--- START ---

-- ===== src/Ftp/Events/Control/Rounds.antt =====
-- The loop of `process_control_events` over the lines of its buffer, source/ftp.c: which lines it takes.
use ftpii.Base.{
  ℕ, zero, suc, ◌<◌, ◌≡◌, refl, sym, ap, subst, ◌∙◌, Bool, true, false, List, [], ◌∷◌, Option, none,
  some, arith, Bytes, if◌then◌else◌, length,
}
use ftpii.Os.{Os}
use ftpii.World.{World, M, pure, continue, Out, done, fault, stuck, exited, ◌>>=◌}
use ftpii.Ftp.Events.Control.Lines.{find_crlf}
use ftpii.Ftp.Events.Control.Cut.{cut, glue, glue-cut, First, find_crlf-First}
use ftpii.Ftp.Events.Control.{Rest, keep, hang_up, transferring, process_line, process_lines}

pub continue-ap :
    {A B : Type 0} (o : Out A) (f g : A → M B)
    → ((a : A) (w : World) → f a w ≡ g a w)
    → continue o f ≡ continue o g
continue-ap (done a w) f g h = h a w
continue-ap fault f g h = refl
continue-ap stuck f g h = refl
continue-ap (exited w) f g h = refl

module _ ⦃os : Os⦄ where
  -- What is done at a line that begins the text `s`, where `more` is what follows.
  unfoldable pub line_step : ℕ → ℕ → Bytes → Bytes → M Rest → M Rest
  line_step fuel client s line more = do
    busy ← transferring client
    if busy
        then pure (keep s)
        else (do ok ← process_line fuel client line; if ok then more else pure hang_up)

  -- The lines in their order, until one cannot be answered, or one sets up a transfer: then the others
  -- wait.
  pub run_lines : ℕ → ℕ → List Bytes → Bytes → M Rest
  unfolding line_step
  run_lines fuel client [] rest w = done (keep rest) w
  run_lines fuel client (line ∷ lines) rest w =
      line_step fuel client (glue (line ∷ lines) rest) line (run_lines fuel client lines rest) w

  if-same :
      (b : Bool) (m m' k k' : M Rest)
      → ((w : World) → m w ≡ m' w)
      → ((w : World) → k w ≡ k' w)
      → (w : World) → (if b then m else k) w ≡ (if b then m' else k') w
  if-same true m m' k k' h g w = h w
  if-same false m m' k k' h g w = g w

  line_step-same :
      (fuel client : ℕ) (s line : Bytes) (m m' : M Rest)
      → ((w : World) → m w ≡ m' w)
      → (w : World) → line_step fuel client s line m w ≡ line_step fuel client s line m' w
  unfolding line_step
  line_step-same fuel client s line m m' h w = continue-ap (transferring client w) _ _ λ busy.
      if-same busy _ _ _ _ (λ v. refl)
        λ v.
          continue-ap (process_line fuel client line v) _ _ λ ok. if-same ok _ _ _ _ h (λ u. refl)

  pub process_lines-line :
      (rounds fuel client : ℕ) (s line rest : Bytes) (w : World)
      → find_crlf s ≡ some (line, rest)
      → process_lines (suc rounds) fuel client s w
        ≡ line_step fuel client s line (process_lines rounds fuel client rest) w
  unfolding process_lines line_step
  process_lines-line rounds fuel client s line rest w e = rw (e, process_lines) refl

  pub process_lines-none :
      (rounds fuel client : ℕ) (s : Bytes) (w : World)
      → find_crlf s ≡ none
      → process_lines (suc rounds) fuel client s w ≡ done (keep s) w
  unfolding process_lines
  process_lines-none rounds fuel client s w e = rw (e, process_lines) refl

  run_lines-line :
      (fuel client : ℕ) (s line rest : Bytes) (w : World)
      → cut s ≡ (line ∷ (cut rest).0, (cut rest).1)
      → run_lines fuel client (cut s).0 (cut s).1 w
        ≡ line_step fuel client s line (run_lines fuel client (cut rest).0 (cut rest).1) w
  unfolding run_lines
  run_lines-line fuel client s line rest w e =
      let text : glue (line ∷ (cut rest).0) (cut rest).1 ≡ s =
        subst (λ (t : List Bytes × Bytes). glue t.0 t.1 ≡ s) e (glue-cut s) in
      subst
        (λ (t : List Bytes × Bytes).
          run_lines fuel client t.0 t.1 w
          ≡ line_step fuel client s line (run_lines fuel client (cut rest).0 (cut rest).1) w)
        (sym e)
        (ap (λ x. line_step fuel client x line (run_lines fuel client (cut rest).0 (cut rest).1) w)
          text)

  -- The lines and the loop do the same on `s`.
  abbrev Agree : ℕ → ℕ → ℕ → Bytes → Type 0
  Agree rounds fuel client s =
      (w : World)
      → process_lines rounds fuel client s w ≡ run_lines fuel client (cut s).0 (cut s).1 w

  found-Agree :
      (rounds fuel client : ℕ) (s : Bytes) (o : Option (Bytes × Bytes))
      → find_crlf s ≡ o
      → First s o
      → length s < suc rounds
      → ((rest : Bytes) → length rest < rounds → Agree rounds fuel client rest)
      → Agree (suc rounds) fuel client s
  unfolding run_lines
  found-Agree rounds fuel client s none e f h ih w =
      process_lines-none rounds fuel client s w e
      ∙ subst (λ (t : List Bytes × Bytes). done (keep s) w ≡ run_lines fuel client t.0 t.1 w)
          (sym f) refl
  found-Agree rounds fuel client s (some (line, rest)) e f h ih w =
      process_lines-line rounds fuel client s line rest w e
      ∙ line_step-same fuel client s line (process_lines rounds fuel client rest)
          (run_lines fuel client (cut rest).0 (cut rest).1) (ih rest (omega (arith, h, f.1))) w
      ∙ sym (run_lines-line fuel client s line rest w f.0)

  -- With as many rounds as `take_bytes` gives it, or more, the loop over the buffer `s` runs the
  -- lines of `s` in their order and keeps what is behind them, and it never wants for rounds.
  pub process_lines-run_lines :
      (rounds fuel client : ℕ) (s : Bytes) (w : World)
      → length s < rounds
      → process_lines rounds fuel client s w ≡ run_lines fuel client (cut s).0 (cut s).1 w
  process_lines-run_lines zero fuel client s w h = absurd (omega arith)
  process_lines-run_lines (suc rounds) fuel client s w h =
      found-Agree rounds fuel client s (find_crlf s) refl (find_crlf-First s) h
        (λ rest k v. process_lines-run_lines rounds fuel client rest v k) w

  -- More rounds make no difference.
  pub rounds-same :
      (m n fuel client : ℕ) (s : Bytes) (w : World)
      → length s < m
      → length s < n
      → process_lines m fuel client s w ≡ process_lines n fuel client s w
  rounds-same m n fuel client s w h k =
      process_lines-run_lines m fuel client s w h
      ∙ sym (process_lines-run_lines n fuel client s w k)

--- END ---

**WHAT YOU SHOULD DO**
Looking at the entries above, copy out every line in which "First" occurs.

**ANSWER AREA**
use ftpii.Ftp.Events.Control.Cut.{cut, glue, glue-cut, First, find_crlf-First}
      → First s o
      found-Agree rounds fuel client s (find_crlf s) refl (find_crlf-First s) h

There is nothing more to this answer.